Thursday, September 25, 2008

That smile...


That smile….
Last Saturday, I was travelling in a crowded blue line bus. Like any other blue line bus it was stinking with that sweat everywhere. I took the bus from South Ex and there was hardly any place to sit. I could barely stand too. All eyes of people standing had their eyes hooked on to the people sitting, all ready to grab any seat they get. The people sitting felt like the rulers as if the world works under them.

In that frustrating environment, the bus stopped at the next stop. An old woman with complete tattered clothes, with uncombed hair, wrinkled face ran towards the bus who might have been waiting for long hours on that stop suddenly had a sign of relief on her face with the arrival of the bus. But as soon as she entered the bus she could not find a single place to sit. So she stood for a while and that sign of relief had completely vanished from her face.

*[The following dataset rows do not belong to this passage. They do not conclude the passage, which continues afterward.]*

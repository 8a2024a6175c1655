-- ===== src/Message/Decode/Trip/Defaults.antt =====
-- `pb_message_set_to_defaults` clears the `has_` bytes.
use ios_college_work.Common.{
  ℕ, zero, suc, ◌+◌, ◌≤◌, ◌<◌, ◌≡◌, ◌≢◌, refl, ap, ◌∙◌, ◌⊎◌, inl, inr, Bool, Bool-cases, false, not,
  ◌==◌, List, length, arith, Cmd, ok, ne→==,
}
use mathlib.Core.Path.{subst}
use native.Mathlib.Decide.{dec_lt}
use ios_college_work.Message.Memory.{Mem, bytes_at}
use ios_college_work.Message.Field.{
  Field, field_at, pb_ltype, pb_htype, pb_atype, ltype_submessage, ltype_extension, htype_required,
  htype_optional, atype_static,
}
use ios_college_work.Message.Iter.{FieldIter, current, pb_field_iter_begin}
use ios_college_work.Message.Iter.Walk.{field_at-All}
use ios_college_work.Message.Encode.Env.{Env}
use ios_college_work.Message.Encode.Contract.Items.{IsMem, length-bytes_at}
use ios_college_work.Message.Decode.Machine.{store, store_bytes, store-outside, store_bytes-outside}
use ios_college_work.Message.Decode.Env.{DecodeEnv}
use ios_college_work.Message.Decode.Defaults.{
  default_fields, default_message, default_value, default_static, pb_field_set_to_default,
  pb_message_set_to_defaults,
}
use ios_college_work.Message.Decode.Trip.Walk.{walk}
use ios_college_work.Message.Decode.Trip.Takes.{Kept, Local}
use ios_college_work.Message.Decode.Trip.Static.{first_byte, end_byte}
use ios_college_work.Message.Decode.Trip.Count.{walk-current, walk-step, walk-around}
use ios_college_work.Message.Decode.Trip.Rounds.{IsSimple}
use ios_college_work.Message.Decode.Trip.Loop.{fuel-suc}
use ios_college_work.Message.Decode.Trip.Plan.{IsCleared, IsTrip}
use ios_college_work.Message.Decode.Trip.Entry.{ReadyAt}
use ios_college_work.Message.Decode.Trip.Messages.{messages-NestedTrip, inside, fields-IsApart}

-- A run on the memory that succeeds, stores between `lo` and `hi` only, and leaves what `Ready` says.
pub record Cleared (c : Cmd Mem (Unit {0})) (lo hi : ℕ) (Ready : Mem → Type 0) (m : Mem)
    : Type 0 where
  pub after : Mem
  pub runs : c m ≡ ok tt after
  pub kept : Kept lo hi m after
  pub ready : Ready after

abbrev pub Clears : Cmd Mem (Unit {0}) → (lo hi : ℕ) → (Ready : Mem → Type 0) → Type 0
Clears c lo hi Ready = (m : Mem) → Cleared c lo hi Ready m

-- The value of a field.
module _ (message : List Field → ℕ → Cmd Mem (Unit {0})) (table : ℕ → List Field) (field : Field)
    (p : ℕ) (Ready : List Field → ℕ → Mem → Type 0) where
  value-Clears :
      (pb_ltype field.type ≡ ltype_submessage → field.ptr ≢ 0)
      → (pb_ltype field.type ≡ ltype_submessage
          → Clears
              (message (table field.ptr) p)
              p
              (p + field.data_size)
              (Ready (table field.ptr) p))
      → Clears
          (default_value message table field p)
          p
          (p + field.data_size)
          (λ m'. pb_ltype field.type ≡ ltype_submessage → Ready (table field.ptr) p m')
  unfolding default_value
  value-Clears linked nested m = elim (Bool-cases (pb_ltype field.type == ltype_submessage)) [
    | inl t ↦
        let c = nested (ground (arith, t)) m in
        record {
          after = c.after;
          runs = rw (t, ne→== field.ptr 0 (linked (ground (arith, t)))) c.runs;
          kept = c.kept;
          ready = λ _. c.ready;
        }
    | inr t ↦ elim (Bool-cases (not (field.ptr == 0))) [
      | inl u ↦ record {
        after = store_bytes m p (bytes_at m field.ptr field.data_size);
        runs = rw (t, u) refl;
        kept = λ q out.
            store_bytes-outside m p (bytes_at m field.ptr field.data_size) q
              (ground (arith, out, length-bytes_at m field.ptr field.data_size));
        ready = λ e. absurd (ground (arith, t, e));
      }
      | inr u ↦ record {
        after = store m p field.data_size 0;
        runs = rw (t, u) refl;
        kept = λ q out. store-outside m p field.data_size 0 q out;
        ready = λ e. absurd (ground (arith, t, e));
      }
    ]
  ]

module _ (table : ℕ → List Field) (fields : List Field) (dest : ℕ) (simple : IsSimple fields)
    (Ready : List Field → ℕ → Mem → Type 0) where
  -- The loop over the fields, where each of them clears its own bytes.
  module _ (set : FieldIter → Cmd Mem (Unit {0})) (lo hi : ℕ → ℕ)
      (apart : (i k : ℕ)
        → i ≢ k
        → i < length fields
        → k < length fields
        → (q : ℕ) → lo i ≤ q
        → q < hi i
        → (q < lo k) ⊎ (hi k ≤ q))
      (local : (k : ℕ)
        → k < length fields
        → Local (lo k) (hi k) (ReadyAt table fields dest Ready k))
      (each : (k : ℕ)
        → k < length fields
        → Clears (set (walk fields dest k)) (lo k) (hi k) (ReadyAt table fields dest Ready k)) where
    pub default_fields-Clears :
        (fuel r k : ℕ)
        → k + suc r ≡ length fields
        → r < fuel
        → (m : Mem)
        → (after : Mem) × (default_fields fuel set (walk fields dest k) m ≡ ok tt after)
          × ((q : ℕ)
              → ((i : ℕ) → k ≤ i → i < length fields → (q < lo i) ⊎ (hi i ≤ q))
              → after q ≡ m q)
          × ((i : ℕ) → k ≤ i → i < length fields → ReadyAt table fields dest Ready i after)
    unfolding default_fields
    default_fields-Clears zero r k e enough m = absurd (omega (arith, enough))
    default_fields-Clears (suc fuel) zero k e enough m =
        let around =
          ap (λ (t : FieldIter × Bool). t.1)
            (walk-around fields dest simple.closed simple.no_oneof k (omega (arith, e))) in
        let c = each k (omega (arith, e)) m in
        (
          c.after,
          rw (c.runs, around) refl,
          (λ q out. c.kept q (out k (omega arith) (omega (arith, e)))),
          λ i le lt.
              let same : k ≡ i = omega (arith, e, le, lt) in
              subst (λ (j : ℕ). ReadyAt table fields dest Ready j c.after) same c.ready,
        )
    default_fields-Clears (suc fuel) (suc r) k e enough m =
        let step =
          ap (λ (t : FieldIter × Bool). t.1)
            (walk-step fields dest simple.closed simple.no_oneof k (omega (arith, e))) in
        let c = each k (omega (arith, e)) m in
        let (after, run, kept, ready) =
          default_fields-Clears fuel r (suc k) (omega (arith, e)) (omega (arith, enough)) c.after in
        (
          after,
          rw (c.runs, step) run,
          (λ q out.
              kept q (λ i le. out i (omega (arith, le)))
              ∙ c.kept q (out k (omega arith) (omega (arith, e)))),
          λ i le lt. elim (dec_lt k i) [
            | yes h ↦ ready i h lt
            | no h ↦
                let same : k ≡ i = omega (arith, h, le) in
                subst (λ (j : ℕ). ReadyAt table fields dest Ready j after) same
                  (local k (omega (arith, e)) c.after after
                    (λ q low under. kept q (λ j behind within.
                      apart k j (λ f. absurd (omega (arith, f, behind))) (omega (arith, e)) within q
                        low under))
                    c.ready)
          ],
        )

  -- An entry.
  module _ (depth k : ℕ) (lt : k < length fields)
      (static : pb_atype (field_at fields k).type ≡ atype_static)
      (singular : (pb_htype (field_at fields k).type ≡ htype_required)
        ⊎ ((pb_htype (field_at fields k).type ≡ htype_optional)
            × ((walk fields dest k).p_size < (walk fields dest k).p_data)))
      (linked : pb_ltype (field_at fields k).type ≡ ltype_submessage → (field_at fields k).ptr ≢ 0)
      (nested : pb_ltype (field_at fields k).type ≡ ltype_submessage
        → Clears
            (pb_message_set_to_defaults depth table
              (table (field_at fields k).ptr)
              (walk fields dest k).p_data)
            (walk fields dest k).p_data
            ((walk fields dest k).p_data + (field_at fields k).data_size)
            (Ready (table (field_at fields k).ptr) (walk fields dest k).p_data)) where
    there : current (walk fields dest k) ≡ field_at fields k
    there = walk-current fields dest simple.closed simple.no_oneof k lt

    same_set :
        (m : Mem)
        → pb_field_set_to_default (suc depth) table (walk fields dest k) m
          ≡ default_static (pb_message_set_to_defaults depth table) table (walk fields dest k) m
    unfolding pb_field_set_to_default pb_message_set_to_defaults
    same_set m =
        let plain =
          field_at-All (λ field. pb_ltype field.type ≢ ltype_extension) fields k simple.no_extension
            lt in
        rw (there, ne→== (pb_ltype (field_at fields k).type) ltype_extension plain, static) refl

    pub entry-Clears :
        Clears
          (pb_field_set_to_default (suc depth) table (walk fields dest k))
          (first_byte (walk fields dest k))
          (end_byte (walk fields dest k))
          (ReadyAt table fields dest Ready k)
    unfolding default_static
    entry-Clears m = elim singular [
      | inl r ↦
          let c =
            value-Clears (pb_message_set_to_defaults depth table) table (field_at fields k)
              (walk fields dest k).p_data Ready linked nested m in
          record {
            after = c.after;
            runs = same_set m ∙ rw (there, r) c.runs;
            kept = rw (there, r) c.kept;
            ready = ((λ o. absurd (omega (arith, o, r))), c.ready);
          }
      | inr (o, front) ↦
          let m1 : Mem = store m (walk fields dest k).p_size 1 0 in
          let c =
            value-Clears (pb_message_set_to_defaults depth table) table (field_at fields k)
              (walk fields dest k).p_data Ready linked nested m1 in
          let apart : ((walk fields dest k).p_size == (walk fields dest k).p_data) ≡ false =
            ground (arith, front) in
          record {
            after = c.after;
            runs = same_set m ∙ rw (there, o, apart) c.runs;
            kept =
                rw (there, o)
                  (λ q out.
                    c.kept q (ground (arith, out, front))
                    ∙ store-outside m (walk fields dest k).p_size 1 0 q
                        (ground (arith, out, front)));
            ready = ((λ _. c.kept (walk fields dest k).p_size (inl front) ∙ ground arith), c.ready);
          }
    ]

-- A table that is not empty.
first_message :
    (fields : List Field) (dest : ℕ) (set : FieldIter → Cmd Mem (Unit {0})) (m : Mem)
    → (field_at fields 0).tag ≢ 0
    → default_message set (pb_field_iter_begin fields dest) m
      ≡ default_fields (suc (length fields)) set (walk fields dest 0) m
unfolding default_message pb_field_iter_begin
first_message fields dest set m tagged = rw (ne→== (field_at fields 0).tag 0 tagged) refl

module _ {m : Mem} (mem : IsMem m) (env : Env) (denv : DecodeEnv)
    (tables : (p : ℕ) → denv.table p ≡ env.table p) where
  -- On a structure for a message.
  pub pb_message_set_to_defaults-Clears :
      (depth : ℕ) (fields : List Field) (src dest top : ℕ)
      → IsTrip depth env.table m fields src dest top
      → Clears
          (pb_message_set_to_defaults depth env.table fields dest)
          dest
          top
          (IsCleared depth env.table fields dest)
  unfolding pb_message_set_to_defaults
  pb_message_set_to_defaults-Clears zero fields src dest top trip m' = absurd trip
  pb_message_set_to_defaults-Clears (suc depth) fields src dest top trip m' =
      let nested = messages-NestedTrip mem env denv tables depth in
      let is = fields-IsApart mem env denv tables depth nested fields src dest top trip in
      let (r, up) = fuel-suc (length fields) trip.1 in
      let (after, run, kept, ready) =
        default_fields-Clears env.table fields dest trip.0 (IsCleared depth env.table)
          (pb_field_set_to_default (suc depth) env.table) (λ k. first_byte (walk fields dest k))
          (λ k. end_byte (walk fields dest k)) is.apart is.ready
          (λ k lt.
            let f = trip.2 k lt in
            entry-Clears env.table fields dest trip.0 (IsCleared depth env.table) depth k lt
              f.static (elim f.singular [ inl o ↦ inl o | inr o ↦ inr (o.0, o.2) ])
              (λ e. (f.submessage e).0)
              (λ e.
                pb_message_set_to_defaults-Clears depth (env.table (field_at fields k).ptr)
                  (walk fields src k).p_data (walk fields dest k).p_data
                  ((walk fields dest k).p_data + (field_at fields k).data_size) (f.submessage e).2))
          (suc (length fields)) r 0 (omega (arith, up)) (omega (arith, up)) m' in
      record {
        after = after;
        runs =
            first_message fields dest (pb_field_set_to_default (suc depth) env.table) m'
              (field_at-All (λ field. field.tag ≢ 0) fields 0 trip.0.closed trip.1)
            ∙ run;
        kept = λ q out. kept q (λ i _ lt.
            let at = inside mem env denv tables depth nested fields src dest top trip i lt in
            ground (arith, at, out));
        ready = λ i lt. ready i (omega arith) lt;
      }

With that modesty, a man suddenly stood up who was sitting right in front of that old lady. She was so happy that the smile on her face took away all the frustration of the environment. I felt as if there is at least one happy and content person in this world. That smile was like fresh gerberas which is hard to find in a person with an age full of experiences of the tough world.

May be it was just a seat but for her it meant sitting and travelling at least for an hour comfortably. That comfort which she might not be feeling very often brought about that smile on her face. A smile of true happiness and of achievement…

Wednesday, September 17, 2008

I LOST HIM AGAIN...


I knew I never had him from day 1.
He was just passing by but I stopped him in my life. I still remember the day when I first met him and actually thought that he was the one I’ve been looking for all these years. After that day though I saw him everyday we didn’t really speak to each other. I didn’t realize that he liked me too. We were going on our paths but destiny plays its game too. We met again, this time to become friends. May be friends from his side. I still don’t know how and when I started feeling so strongly for him. The whole world could see that in my eyes. But did he see that? I always used to ask myself that. I wished he could & would see me in the same way. But…

From the direction I never saw, she came, he saw her, and didn’t look back. I kept waiting for the time he would turn back and see me but he didn’t. He was in Love. Yes, I lost him. But he still spoke to me, he saw my possessiveness towards him, which he hated. His kiss on her cheek, his hand on her hand, his eyes looking in her eyes made me felt like asking god that why did he do this to me? Why did he bring him in my life when he was never mine? Why? Why?

I wish I could erase myself from their life so that they could live happily and could erase my memory. But the contradiction is that we always forget important things and remember especially those things that we should not. But then he called me his friend. So I decided to be his friend till the time possible. He called me more, more than he called her. Why? Even she wondered and hated me. I empathized with her but seriously I wish she could understand that I liked the attention, as I loved him. Yes I loved him. I wish I could tell him. But I could never. One fine day he chose to part ways with her. She cried and that day I felt bad for her and first time felt as if I loved a person who didn’t care about her. I fought with him. The next day they were back. This time more into each other, killing me more. But this was not for a long time. He parted with her again and this time never to return in her life. Was I happy this time? No, I felt guilty.

Now we chatted for longer hours, met a lot, but he always maintained that distance which I always wanted to break, which I could never. Then from his past direction, she came, she was his friend in the past, like I was in the present. He saw her and realized he had loved her always. She felt the same for him. Yes, I lost him again…. This time he went and never looked back… I lost him again. And lost him forever… but all this while I just regretted that for once I could tell him that I loved him. And still Love him.